Chapter 3: Electrolytic Processes

Example 3.1, Page 79

In [11]:
import math

#Variable declaration
r=5;#in cm
S=4*math.pi*r**2;
t=0.005;#in mm
d=10.5;

#Calculations
m=S*t*d*10**-3;
Z=(0.001118*3600)/1000;
Amr=m/Z;

#Result
print "ampere hour required,(Ampere-hour)= %.2f"%Amr

ampere hour required,(Ampere-hour)= 4.10

Example 3.2, Page 80

In [12]:
#Variable declaration
m=20.;#in gm
I=120;#in A
t=10*60;#in sec
t1=5*60;#in sec
I1=100;#in A

#Calculations
Cec=63.18/2;
Cen=58.6/2;
Z=m/(I*t);
Z1=(Z*(Cec/Cen))*10**-3;
m1=Z1*I1*t1;

#Result
print "mass of copper depsoited is ",round(m1,3),"kg or ",(round(m1*10**3)),"gm"
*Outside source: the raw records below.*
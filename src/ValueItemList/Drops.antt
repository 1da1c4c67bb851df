-- ===== src/ValueItemList/Drops.antt =====
-- The references that a node of a value item list holds, and their return.
use libredis_a.Common.{
  ℕ, zero, suc, ◌+◌, ◌-◌, ◌≤◌, ◌≡◌, refl, subst, inl, inr, false, ◌&&◌, not, Option, some, List, [],
  ◌∷◌, arith, update, ◌==◌, if◌then◌else◌, Bool-cases, ==_iff,
}
use libredis_a.ValueItemList.{Obj, obj, dnum, llnum, node_type_robj}
use libredis_a.ValueItemList.Heap.{decr_ref, held, drop_object}

module _ {Double : Type 0} where
  -- How often a node, and a row of them, refers to an object: by a pointer in a node of type 0.
  unfoldable pub uses : ℕ × ℕ × Obj Double → ℕ → ℕ
  uses (zero, size, obj b) o = if (b == o) && not (o == 0) then 1 else 0
  uses (zero, size, dnum x) o = 0
  uses (zero, size, llnum x) o = 0
  uses (suc type, size, value) o = 0

  unfoldable pub all_uses : List (ℕ × ℕ × Obj Double) → ℕ → ℕ
  all_uses [] o = 0
  all_uses (n ∷ ns) o = uses n o + all_uses ns o

  pub record Drops (n : ℕ × ℕ × Obj Double) (references : ℕ → ℕ) (r : Option (ℕ → ℕ)) : Type 0 where
    pub after : ℕ → ℕ
    pub is : r ≡ some after
    pub counts : (o : ℕ) → after o + uses n o ≡ references o

  nothing_dropped :
      (n : ℕ × ℕ × Obj Double) (references : ℕ → ℕ)
      → ((o : ℕ) → uses n o ≡ 0)
      → Drops n references (drop_object references 0)
  unfolding drop_object
  nothing_dropped n references h = record {
    after = references;
    is = refl;
    counts = λ o. let e = h o in omega (arith, e);
  }

  drop_obj :
      (size b : ℕ) (references : ℕ → ℕ)
      → ((o : ℕ) → uses (0, size, obj b) o ≤ references o)
      → Drops (0, size, obj b) references (drop_object references b)
  unfolding drop_object decr_ref uses
  drop_obj size b references h = elim (Bool-cases (b == 0)) [
    | inl z ↦ rw z (record { after = references; is = refl; counts = λ o. ground arith })
    | inr z ↦
        let self = (==_iff b b).1 refl in
        let times : ℕ = if (b == b) && not (b == 0) then 1 else 0 in
        let one : times ≡ 1 = rw (self, z) refl in
        let some_left : (references b == 0) ≡ false = let k = h b in ground (arith, k, one) in
        rw (z, some_left)
          (record {
            after = update references b (references b - 1);
            is = refl;
            counts = λ o. elim (Bool-cases (b == o)) [
              | inl e ↦
                  let same : b ≡ o = (==_iff b o).0 e in
                  subst
                    (λ q.
                      update references b (references b - 1) q
                        + (if (b == q) && not (q == 0) then 1 else 0)
                      ≡ references q)
                    same (rw (self, z) (ground (arith, some_left)))
              | inr e ↦ rw e (omega arith)
            ];
          })
  ]

  pub drop_lem :
      (type size : ℕ) (value : Obj Double) (references : ℕ → ℕ)
      → ((o : ℕ) → uses (type, size, value) o ≤ references o)
      → Drops
          (type, size, value)
          references
          (drop_object references (held (type == node_type_robj) value))
  unfolding held
  drop_lem zero size (obj b) references h = drop_obj size b references h
  drop_lem zero size (dnum x) references h =
      nothing_dropped (0, size, dnum x) references (λ o. unfold uses in refl)
  drop_lem zero size (llnum x) references h =
      nothing_dropped (0, size, llnum x) references (λ o. unfold uses in refl)
  drop_lem (suc type) size value references h =
      let z : (suc type == node_type_robj) ≡ false = ground arith in
      rw z (nothing_dropped (suc type, size, value) references (λ o. unfold uses in refl))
mass of copper depsoited is  0.009 kg or  9.0 gm

Example 3.3, Page 80

In [13]:
#Variable declaration
Z=1.044*10**-8;#in kg/C
I=40;#in A
t=1*60*60;#in seconds

#Calculations
m1=Z*I*t;

#Result
print "mass of copper depsoited is ",round(m1,4),"kg or ",round((m1*10**3),1),"gm"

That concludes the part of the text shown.